Exercise aim:
Every line below containing the word "comes" should be found and copied.

[Saved entries]
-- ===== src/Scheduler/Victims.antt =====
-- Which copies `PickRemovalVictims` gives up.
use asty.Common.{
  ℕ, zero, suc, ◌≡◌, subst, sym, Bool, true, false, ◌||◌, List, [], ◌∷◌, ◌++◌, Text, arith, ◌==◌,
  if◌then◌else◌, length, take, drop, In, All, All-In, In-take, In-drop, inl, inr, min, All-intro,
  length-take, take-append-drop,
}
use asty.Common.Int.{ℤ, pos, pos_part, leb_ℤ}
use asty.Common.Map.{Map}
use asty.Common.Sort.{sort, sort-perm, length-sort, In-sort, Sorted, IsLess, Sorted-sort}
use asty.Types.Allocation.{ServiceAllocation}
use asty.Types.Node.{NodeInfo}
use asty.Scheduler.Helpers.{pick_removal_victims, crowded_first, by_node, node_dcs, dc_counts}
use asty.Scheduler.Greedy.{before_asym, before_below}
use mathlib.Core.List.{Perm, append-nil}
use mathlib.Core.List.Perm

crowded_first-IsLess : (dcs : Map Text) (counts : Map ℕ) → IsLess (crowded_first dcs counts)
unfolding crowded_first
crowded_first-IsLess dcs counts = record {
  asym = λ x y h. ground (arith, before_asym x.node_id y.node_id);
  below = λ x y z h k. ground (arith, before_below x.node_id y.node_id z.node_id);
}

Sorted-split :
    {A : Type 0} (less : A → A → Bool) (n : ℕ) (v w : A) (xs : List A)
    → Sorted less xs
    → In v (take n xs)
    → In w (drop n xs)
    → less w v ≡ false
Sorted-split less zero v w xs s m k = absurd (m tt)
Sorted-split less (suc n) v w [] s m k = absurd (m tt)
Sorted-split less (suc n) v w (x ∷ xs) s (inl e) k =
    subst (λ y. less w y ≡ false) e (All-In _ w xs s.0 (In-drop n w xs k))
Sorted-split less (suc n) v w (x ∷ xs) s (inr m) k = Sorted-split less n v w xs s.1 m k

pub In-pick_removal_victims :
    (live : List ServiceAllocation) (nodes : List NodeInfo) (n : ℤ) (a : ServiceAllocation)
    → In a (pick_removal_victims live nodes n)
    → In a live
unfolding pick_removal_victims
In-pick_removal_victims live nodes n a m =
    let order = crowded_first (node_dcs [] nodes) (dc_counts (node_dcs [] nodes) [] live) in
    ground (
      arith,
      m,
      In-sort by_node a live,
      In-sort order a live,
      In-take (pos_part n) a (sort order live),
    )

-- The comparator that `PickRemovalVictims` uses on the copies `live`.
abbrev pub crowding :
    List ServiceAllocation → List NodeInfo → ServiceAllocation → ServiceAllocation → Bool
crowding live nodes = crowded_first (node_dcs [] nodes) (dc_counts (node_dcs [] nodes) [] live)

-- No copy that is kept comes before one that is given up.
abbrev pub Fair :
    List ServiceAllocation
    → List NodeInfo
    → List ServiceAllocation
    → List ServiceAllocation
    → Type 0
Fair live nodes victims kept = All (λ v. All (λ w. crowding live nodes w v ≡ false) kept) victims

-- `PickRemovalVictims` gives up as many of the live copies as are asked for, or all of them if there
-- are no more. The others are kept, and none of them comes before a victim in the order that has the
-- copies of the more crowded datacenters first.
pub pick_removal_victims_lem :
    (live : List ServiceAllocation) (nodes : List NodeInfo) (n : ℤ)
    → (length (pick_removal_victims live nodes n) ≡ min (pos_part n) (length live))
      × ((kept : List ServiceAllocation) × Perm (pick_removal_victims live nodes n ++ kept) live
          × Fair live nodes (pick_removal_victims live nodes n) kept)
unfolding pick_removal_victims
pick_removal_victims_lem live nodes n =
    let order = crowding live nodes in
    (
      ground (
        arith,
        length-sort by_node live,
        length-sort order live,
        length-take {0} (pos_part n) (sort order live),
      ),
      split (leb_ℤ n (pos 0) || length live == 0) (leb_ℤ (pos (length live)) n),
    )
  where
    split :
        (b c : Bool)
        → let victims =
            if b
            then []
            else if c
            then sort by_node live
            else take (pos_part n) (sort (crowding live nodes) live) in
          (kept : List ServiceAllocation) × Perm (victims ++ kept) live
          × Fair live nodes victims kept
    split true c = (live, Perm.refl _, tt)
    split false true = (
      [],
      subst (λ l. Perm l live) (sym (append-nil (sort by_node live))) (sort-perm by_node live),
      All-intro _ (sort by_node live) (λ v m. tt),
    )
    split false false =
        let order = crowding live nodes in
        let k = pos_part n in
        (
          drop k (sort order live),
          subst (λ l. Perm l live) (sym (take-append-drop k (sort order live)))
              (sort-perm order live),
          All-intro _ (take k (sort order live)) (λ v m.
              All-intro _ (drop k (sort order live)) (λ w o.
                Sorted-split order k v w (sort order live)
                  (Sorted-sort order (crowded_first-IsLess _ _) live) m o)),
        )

...

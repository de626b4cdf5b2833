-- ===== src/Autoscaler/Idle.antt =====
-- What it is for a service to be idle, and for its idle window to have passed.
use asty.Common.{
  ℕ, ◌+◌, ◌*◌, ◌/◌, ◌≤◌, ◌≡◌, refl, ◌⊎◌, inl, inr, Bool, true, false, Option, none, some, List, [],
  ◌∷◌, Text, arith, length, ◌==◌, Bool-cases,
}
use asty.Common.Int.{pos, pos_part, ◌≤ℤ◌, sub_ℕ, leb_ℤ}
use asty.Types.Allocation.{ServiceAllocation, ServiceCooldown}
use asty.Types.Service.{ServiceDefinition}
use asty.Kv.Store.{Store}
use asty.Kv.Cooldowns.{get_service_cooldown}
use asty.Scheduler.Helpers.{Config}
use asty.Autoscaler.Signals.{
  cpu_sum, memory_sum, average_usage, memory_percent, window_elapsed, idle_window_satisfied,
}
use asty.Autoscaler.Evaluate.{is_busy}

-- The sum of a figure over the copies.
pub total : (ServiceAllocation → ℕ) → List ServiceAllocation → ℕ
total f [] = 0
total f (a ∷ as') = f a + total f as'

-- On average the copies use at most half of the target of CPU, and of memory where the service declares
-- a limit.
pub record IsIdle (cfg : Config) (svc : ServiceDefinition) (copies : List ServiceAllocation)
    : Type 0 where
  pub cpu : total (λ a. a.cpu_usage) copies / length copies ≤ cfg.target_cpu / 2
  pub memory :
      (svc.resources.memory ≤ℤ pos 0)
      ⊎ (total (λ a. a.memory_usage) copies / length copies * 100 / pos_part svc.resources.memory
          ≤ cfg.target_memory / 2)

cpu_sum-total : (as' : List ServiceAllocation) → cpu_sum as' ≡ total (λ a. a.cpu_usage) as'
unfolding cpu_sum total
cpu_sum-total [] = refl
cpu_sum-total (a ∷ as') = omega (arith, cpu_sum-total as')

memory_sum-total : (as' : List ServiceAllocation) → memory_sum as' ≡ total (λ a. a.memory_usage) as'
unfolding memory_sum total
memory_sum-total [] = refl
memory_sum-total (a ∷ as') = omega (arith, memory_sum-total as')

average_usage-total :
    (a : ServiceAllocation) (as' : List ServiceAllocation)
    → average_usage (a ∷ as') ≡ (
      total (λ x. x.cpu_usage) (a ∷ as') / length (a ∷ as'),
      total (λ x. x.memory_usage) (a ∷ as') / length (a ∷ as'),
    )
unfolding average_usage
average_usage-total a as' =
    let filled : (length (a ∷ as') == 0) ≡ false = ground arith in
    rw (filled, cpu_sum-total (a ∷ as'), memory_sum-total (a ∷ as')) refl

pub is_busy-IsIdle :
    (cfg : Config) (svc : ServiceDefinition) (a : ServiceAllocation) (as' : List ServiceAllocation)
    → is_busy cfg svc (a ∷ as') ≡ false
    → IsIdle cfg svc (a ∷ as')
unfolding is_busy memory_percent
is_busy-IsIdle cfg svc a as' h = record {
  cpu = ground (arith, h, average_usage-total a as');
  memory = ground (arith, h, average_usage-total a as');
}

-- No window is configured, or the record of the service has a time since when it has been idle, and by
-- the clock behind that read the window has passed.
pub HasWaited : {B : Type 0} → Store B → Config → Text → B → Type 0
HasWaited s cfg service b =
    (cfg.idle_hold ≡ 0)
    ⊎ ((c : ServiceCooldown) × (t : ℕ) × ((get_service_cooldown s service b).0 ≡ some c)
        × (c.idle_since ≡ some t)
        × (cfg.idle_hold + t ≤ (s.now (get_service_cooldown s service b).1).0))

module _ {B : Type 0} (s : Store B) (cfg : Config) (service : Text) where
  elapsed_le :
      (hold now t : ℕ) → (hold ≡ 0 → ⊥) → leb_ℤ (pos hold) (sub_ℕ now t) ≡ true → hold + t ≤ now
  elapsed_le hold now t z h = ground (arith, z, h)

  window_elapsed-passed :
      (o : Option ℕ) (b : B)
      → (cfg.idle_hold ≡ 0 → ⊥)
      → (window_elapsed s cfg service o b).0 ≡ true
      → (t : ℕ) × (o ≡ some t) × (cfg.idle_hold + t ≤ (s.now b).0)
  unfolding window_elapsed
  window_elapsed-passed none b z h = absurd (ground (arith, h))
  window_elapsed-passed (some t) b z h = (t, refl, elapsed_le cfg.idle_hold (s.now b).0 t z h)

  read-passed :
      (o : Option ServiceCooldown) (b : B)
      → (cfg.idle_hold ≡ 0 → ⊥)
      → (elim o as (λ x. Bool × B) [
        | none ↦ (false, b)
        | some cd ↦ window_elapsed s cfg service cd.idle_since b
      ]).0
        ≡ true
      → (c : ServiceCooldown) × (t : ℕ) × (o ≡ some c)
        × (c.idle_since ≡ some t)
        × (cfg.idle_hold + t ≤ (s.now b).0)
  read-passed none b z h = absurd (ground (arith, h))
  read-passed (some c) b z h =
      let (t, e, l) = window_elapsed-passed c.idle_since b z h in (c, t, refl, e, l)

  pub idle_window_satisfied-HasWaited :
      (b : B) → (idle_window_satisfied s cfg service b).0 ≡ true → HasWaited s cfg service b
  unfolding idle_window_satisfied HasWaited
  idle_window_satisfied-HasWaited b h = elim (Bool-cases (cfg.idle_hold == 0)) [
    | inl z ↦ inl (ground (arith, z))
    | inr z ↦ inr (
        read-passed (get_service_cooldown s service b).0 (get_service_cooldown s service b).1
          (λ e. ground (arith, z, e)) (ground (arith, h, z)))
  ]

Finished exercise:
-- No copy that is kept comes before one that is given up.
-- are no more. The others are kept, and none of them comes before a victim in the order that has the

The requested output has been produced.